Mancano pochi giorni all'inizio del Cous cous Fest di San Vito lo Capo e già c'è un problemino tutt'altro che ingenuo.

Riguarda il cous cous, si, proprio il festeggiato della kermesse. Lo solleva Marilù Terrasi del ristorante Pocho, una delle interpreti più autorevoli a livello internazionale di questa materia. Nel dettaglio, si chiede se è il caso di avere tra i main sponsor della manifestazione un industriale della bassa emiliana che realizza preparati risparmia-tempo, aggiungiamo noi, perfetti per i ritmi frenetici dell'homo twittens. Roba da 5 minuti insomma. La domanda posta dalla Terrasi ci pare legittima e se lo chiedono anche Rocco Molinterni su La Stampa e Luciano Pignataro sul suo blog, che coglie l'occasione per polemizzare pure sulle code.

Come dire, perché svilire il cous cous, un piatto della tradizione siculo-araba che richiede manualità e approccio artigianale?
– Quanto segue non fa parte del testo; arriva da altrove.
-- ===== src/Schedule/Firing/Served.antt =====
-- The operations on schedules as requests, each in a transaction of its own, and what holds of every
-- schedule they lead to.
use mathlib.Core.Path.{subst}
use agent_runs.Base.{
  ◌⊎◌, ℕ, ◌+◌, String, ◌≡◌, Bool, true, false, not, ◌&&◌, Option, none, some, List, [], ◌∷◌, arith,
  holds, ltb, str_eq, All, All-weaken, Bool-cases, Option-cases, inl, inr, find_first, select,
  Result, ok, ◌>>=◌, >>=-eq-ok, raise_if, conflict, unprocessable,
}
use agent_runs.Run.Rows.{AgentError, Db}
use agent_runs.Run.Starts.{start_run}
use agent_runs.Run.Keeps.{find_first-All, select-All, sort_by-All}
use agent_runs.Schedule.Rows.{ScheduleSpec, ScheduleRow, ScheduleUpdate}
use agent_runs.Schedule.Store.{
  World, checked, same_identity, fresh_schedule, upsert, is_schedule, schedule_row, put_schedule,
  changed_spec, updated_row, duplicates, update, delete, is_due, first_of, claim_due, fired_row,
  struck_row,
}
use agent_runs.Schedule.Firing.{
  Planner, Fired, fire_start, fire_at, max_fire_skew, tick_of, fire, fire_due,
}
use agent_runs.Schedule.Firing.Sound.{
  IsKept, fresh_schedule-IsKept, fired_row-IsKept, struck_row-IsKept, updated_row-IsKept,
}

pub data ScheduleRequest : Type 0 where
  upsert_request : String → ScheduleSpec → String → ScheduleRequest
  update_request : String → String → ScheduleUpdate → ScheduleRequest
  delete_request : String → String → ScheduleRequest
  fire_request : String → Option AgentError → String → String → Option ℕ → ScheduleRequest
  fire_due_request : String → Option AgentError → (ScheduleRow → Bool) → ScheduleRequest

unfoldable pub serve_schedule : World → ℕ → ScheduleRequest → Planner → Result Planner
serve_schedule w now (upsert_request id spec created_by) p = do
  done ← upsert w id spec created_by now p.schedules
  ok (record p { schedules = done.1 })
serve_schedule w now (update_request tenant id change) p = do
  done ← update w tenant id change now p.schedules
  ok (record p { schedules = done.1 })
serve_schedule w now (delete_request tenant id) p = do
  left ← delete tenant id p.schedules
  ok (record p { schedules = left })
serve_schedule w now (fire_request run outage tenant id at) p = do
  done ← fire w run outage tenant id at now p
  ok done.1
serve_schedule w now (fire_due_request run outage free) p = do
  done ← fire_due w run outage free now p
  ok done.1

-- The tables that some sequence of requests, at any instants, leads to from no schedules; between them
-- the runs may change in any way.
pub data Planned (w : World) : Planner → Type 0 where
  no_schedules : (db : Db) → Planned w (record { db = db; schedules = [] })
  runs_changed : {p : Planner} (db : Db) → Planned w p → Planned w (record p { db = db })
  served :
      {p p' : Planner} (now : ℕ) (request : ScheduleRequest)
      → Planned w p
      → serve_schedule w now request p ≡ ok p'
      → Planned w p'

abbrev pub AllKept : List ScheduleRow → Type 0
AllKept rows = All IsKept rows

put_schedule-AllKept :
    (row : ScheduleRow) (rows : List ScheduleRow)
    → IsKept row
    → AllKept rows
    → AllKept (put_schedule row rows)
unfolding put_schedule
put_schedule-AllKept row [] v all = tt
put_schedule-AllKept row (r ∷ rs) v all = elim (Bool-cases (str_eq r.schedule_id row.schedule_id)) [
  | inl t ↦ rw t (v, put_schedule-AllKept row rs v all.1)
  | inr f ↦ rw f (all.0, put_schedule-AllKept row rs v all.1)
]

schedule_row-IsKept :
    (tenant id : String) (rows : List ScheduleRow) {row : ScheduleRow}
    → AllKept rows
    → schedule_row tenant id rows ≡ ok row
    → IsKept row
unfolding schedule_row
schedule_row-IsKept tenant id rows {row} all e =
    let there : find_first (is_schedule tenant id) rows ≡ some row = ground arith in
    find_first-All IsKept (is_schedule tenant id) rows all there

module _ (w : World) (now : ℕ) (p : Planner) (v : AllKept p.schedules) where
  upsert-AllKept :
      (id : String) (spec : ScheduleSpec) (created_by : String) {answer : ScheduleRow × Bool}
      {rows : List ScheduleRow}
      → upsert w id spec created_by now p.schedules ≡ ok (answer, rows)
      → AllKept rows
  unfolding upsert
  upsert-AllKept id spec created_by {answer} {rows} e =
      let (valid, fine, e1) = >>=-eq-ok (checked w spec) _ e in
      let row = fresh_schedule w id valid created_by now in
      elim (Option-cases (find_first (same_identity row) p.schedules)) [
        | inl fresh ↦
            let added : row ∷ p.schedules ≡ rows = ground arith in
            rw (← added) (fresh_schedule-IsKept w id valid created_by now, v)
        | inr (existing, there) ↦ let same : p.schedules ≡ rows = ground arith in rw (← same) v
      ]

  update-AllKept :
      (tenant id : String) (change : ScheduleUpdate) {answer : ScheduleRow}
      {rows : List ScheduleRow}
      → update w tenant id change now p.schedules ≡ ok (answer, rows)
      → AllKept rows
  unfolding update
  update-AllKept tenant id change {answer} {rows} e =
      let (row, found, e1) = >>=-eq-ok (schedule_row tenant id p.schedules) _ e in
      let (spec, sent, e2) = >>=-eq-ok (changed_spec row.spec change) _ e1 in
      let (valid, fine, e3) = >>=-eq-ok (checked w spec) _ e2 in
      let (u, unique, e4) =
        >>=-eq-ok (raise_if (duplicates (updated_row w row valid now) p.schedules) conflict) _ e3 in
      let written : put_schedule (updated_row w row valid now) p.schedules ≡ rows = ground arith in
      rw (← written) (
        put_schedule-AllKept _ p.schedules
          (updated_row-IsKept w row valid now (schedule_row-IsKept tenant id p.schedules v found))
          v)

  delete-AllKept :
      (tenant id : String) {rows : List ScheduleRow}
      → delete tenant id p.schedules ≡ ok rows
      → AllKept rows
  unfolding delete
  delete-AllKept tenant id {rows} e =
      let (row, found, e1) = >>=-eq-ok (schedule_row tenant id p.schedules) _ e in
      let left : select (λ r. not (str_eq r.schedule_id row.schedule_id)) p.schedules ≡ rows =
        ground arith in
      rw (← left) (
        All-weaken _ IsKept _ (λ r both. both.0)
          (select-All IsKept (λ r. not (str_eq r.schedule_id row.schedule_id)) p.schedules v))

  fire_at-AllKept :
      (run : String) (outage : Option AgentError) (row : ScheduleRow) (fire_time : ℕ)
      {fired : Fired} {p' : Planner}
      → IsKept row
      → row.spec.enabled ≡ true
      → fire_at w run outage row fire_time now p ≡ ok (fired, p')
      → AllKept p'.schedules
  unfolding fire_at
  fire_at-AllKept run none row fire_time {fired} {p'} kept on e =
      let (started, made, e1) =
        >>=-eq-ok (start_run (fire_start w.formats run row fire_time) true now false p.db) _ e in
      let written : put_schedule (fired_row w row fire_time started.0.0.run_id now) p.schedules
          ≡ p'.schedules =
        ground arith in
      rw (← written) (
        put_schedule-AllKept _ p.schedules (fired_row-IsKept w row fire_time started.0.0.run_id now)
          v)
  fire_at-AllKept run (some error) row fire_time {fired} {p'} kept on e =
      let written : put_schedule (struck_row row error now) p.schedules ≡ p'.schedules =
        ground arith in
      rw (← written)
        (put_schedule-AllKept _ p.schedules (struck_row-IsKept w row error now kept on) v)

  fire-AllKept :
      (run : String) (outage : Option AgentError) (tenant id : String) (at : Option ℕ)
      {fired : Fired} {p' : Planner}
      → fire w run outage tenant id at now p ≡ ok (fired, p')
      → AllKept p'.schedules
  unfolding fire
  fire-AllKept run outage tenant id at e =
      let (row, found, e1) = >>=-eq-ok (schedule_row tenant id p.schedules) _ e in
      let (u1, on, e2) = >>=-eq-ok (raise_if (not row.spec.enabled) conflict) _ e1 in
      let (u2, near, e3) =
        >>=-eq-ok (raise_if (holds at (λ t. ltb (now + max_fire_skew) t)) unprocessable) _ e2 in
      fire_at-AllKept run outage row (tick_of row at now)
        (schedule_row-IsKept tenant id p.schedules v found) (ground arith) e3

first_of-All :
    (P : ScheduleRow → Type 0) (rows : List ScheduleRow) {row : ScheduleRow}
    → All P rows
    → first_of rows ≡ some row
    → P row
first_of-All P [] all e = absurd (ground arith)
first_of-All P (x ∷ xs) {row} all e = let same : x ≡ row = ground arith in subst P same all.0

-- The schedule a ticker claims is one of the table, and due.
pub claim_due-due :
    (free : ScheduleRow → Bool) (now : ℕ) (P : ScheduleRow → Type 0) (rows : List ScheduleRow)
    {row : ScheduleRow}
    → All P rows
    → claim_due free now rows ≡ some row
    → P row × (is_due now row ≡ true)
unfolding claim_due
claim_due-due free now P rows all e =
    let chosen = select-All P (λ r. is_due now r && free r) rows all in
    let due =
      All-weaken _ (λ r. P r × (is_due now r ≡ true)) _ (λ r both. (both.0, ground (arith, both.1)))
        chosen in
    first_of-All (λ r. P r × (is_due now r ≡ true)) _
      (sort_by-All (λ r. P r × (is_due now r ≡ true)) _ _ due) e

due_enabled : (now : ℕ) (row : ScheduleRow) → is_due now row ≡ true → row.spec.enabled ≡ true
unfolding is_due
due_enabled now row e = ground arith

-- A ticker's fire: nothing was due, or it fired the schedule it claimed for its own tick.
pub fire_due-cases :
    (w : World) (run : String) (outage : Option AgentError) (free : ScheduleRow → Bool) (now : ℕ)
    (p p' : Planner) {answer : Option Fired}
    → fire_due w run outage free now p ≡ ok (answer, p')
    → (p ≡ p') × (answer ≡ none)
      ⊎ (row : ScheduleRow) × (due : ℕ) × (fired : Fired) × (claim_due free now p.schedules
          ≡ some row)
        × (row.next_fire_at ≡ some due)
        × (answer ≡ some fired)
        × (fire_at w run outage row due now p ≡ ok (fired, p'))
unfolding fire_due
fire_due-cases w run outage free now p p' {answer} e =
    elim (Option-cases (claim_due free now p.schedules)) [
      | inl nothing ↦ inl (ground arith)
      | inr (row, claimed) ↦ elim (Option-cases row.next_fire_at) [
        | inl manual ↦ inl (ground arith)
        | inr (due, armed) ↦
            let inner : ◌>>=◌ {B = Option Fired × Planner} (fire_at w run outage row due now p)
                  (λ fired. ok (some fired.0, fired.1))
                ≡ ok (answer, p') =
              ground arith in
            let (fired, made, done) = >>=-eq-ok (fire_at w run outage row due now p) _ inner in
            inr (row, due, fired.0, claimed, armed, ground arith, ground arith)
      ]
    ]

pub serve_schedule-AllKept :
    (w : World) (now : ℕ) (request : ScheduleRequest) (p p' : Planner)
    → AllKept p.schedules
    → serve_schedule w now request p ≡ ok p'
    → AllKept p'.schedules
unfolding serve_schedule
serve_schedule-AllKept w now (upsert_request id spec created_by) p p' v e =
    let (done, made, rest) = >>=-eq-ok (upsert w id spec created_by now p.schedules) _ e in
    let rows : done.1 ≡ p'.schedules = ground arith in
    rw (← rows) (upsert-AllKept w now p v id spec created_by made)
serve_schedule-AllKept w now (update_request tenant id change) p p' v e =
    let (done, made, rest) = >>=-eq-ok (update w tenant id change now p.schedules) _ e in
    let rows : done.1 ≡ p'.schedules = ground arith in
    rw (← rows) (update-AllKept w now p v tenant id change made)
serve_schedule-AllKept w now (delete_request tenant id) p p' v e =
    let (left, made, rest) = >>=-eq-ok (delete tenant id p.schedules) _ e in
    let rows : left ≡ p'.schedules = ground arith in
    rw (← rows) (delete-AllKept w now p v tenant id made)
serve_schedule-AllKept w now (fire_request run outage tenant id at) p p' v e =
    let (done, made, rest) = >>=-eq-ok (fire w run outage tenant id at now p) _ e in
    let same : done.1 ≡ p' = ground arith in
    rw (← same) (fire-AllKept w now p v run outage tenant id at made)
serve_schedule-AllKept w now (fire_due_request run outage free) p p' v e =
    let (done, made, rest) = >>=-eq-ok (fire_due w run outage free now p) _ e in
    let same : done.1 ≡ p' = ground arith in
    elim (fire_due-cases w run outage free now p done.1 made) [
      | inl (unchanged, none_fired) ↦ rw (← same) (rw (← unchanged) v)
      | inr (row, due, fired, claimed, armed, said, fires) ↦
          let (kept, is_now_due) = claim_due-due free now IsKept p.schedules v claimed in
          rw (← same) (
            fire_at-AllKept w now p v run outage row due kept (due_enabled now row is_now_due)
              fires)
    ]

-- Every schedule that any sequence of upserts, updates, deletions and fires leads to, at any instants
-- and whatever happens to the runs in between, is armed exactly when its cadence fires by itself, has
-- a last error exactly while it counts failures, is held back only then, and counts at most three,
-- fewer while it is enabled.
pub Planned-AllKept : (w : World) (p : Planner) → Planned w p → AllKept p.schedules
Planned-AllKept w p (no_schedules db) = tt
Planned-AllKept w p (runs_changed {p = before} db reached) = Planned-AllKept w before reached
Planned-AllKept w p (served {p = before} now request reached e) =
    serve_schedule-AllKept w now request before p (Planned-AllKept w before reached) e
Per realizzarlo ci vuole materia prima di livello, la giusta manualità e tanto tempo, così come potrebbe accadere per i tortellini o le lasagne.
Ed ecco l'appello ai ristoratori: esibire all'ingresso del locale un avviso “qui si prepara il couscous incocciato a mano”, seguito dal tipo di frumento, origine e mulino di provenienza. Insomma, dare valore al lavoro e a un millennio di storia.
Mentre parla, due ospiti francesi, anzi, algerini, preparano uno splendido cous cous con carne di montone. Sono lì per un programma di scambio. È davvero squisito, ma per prepararlo ci vorranno oltre quattro ore.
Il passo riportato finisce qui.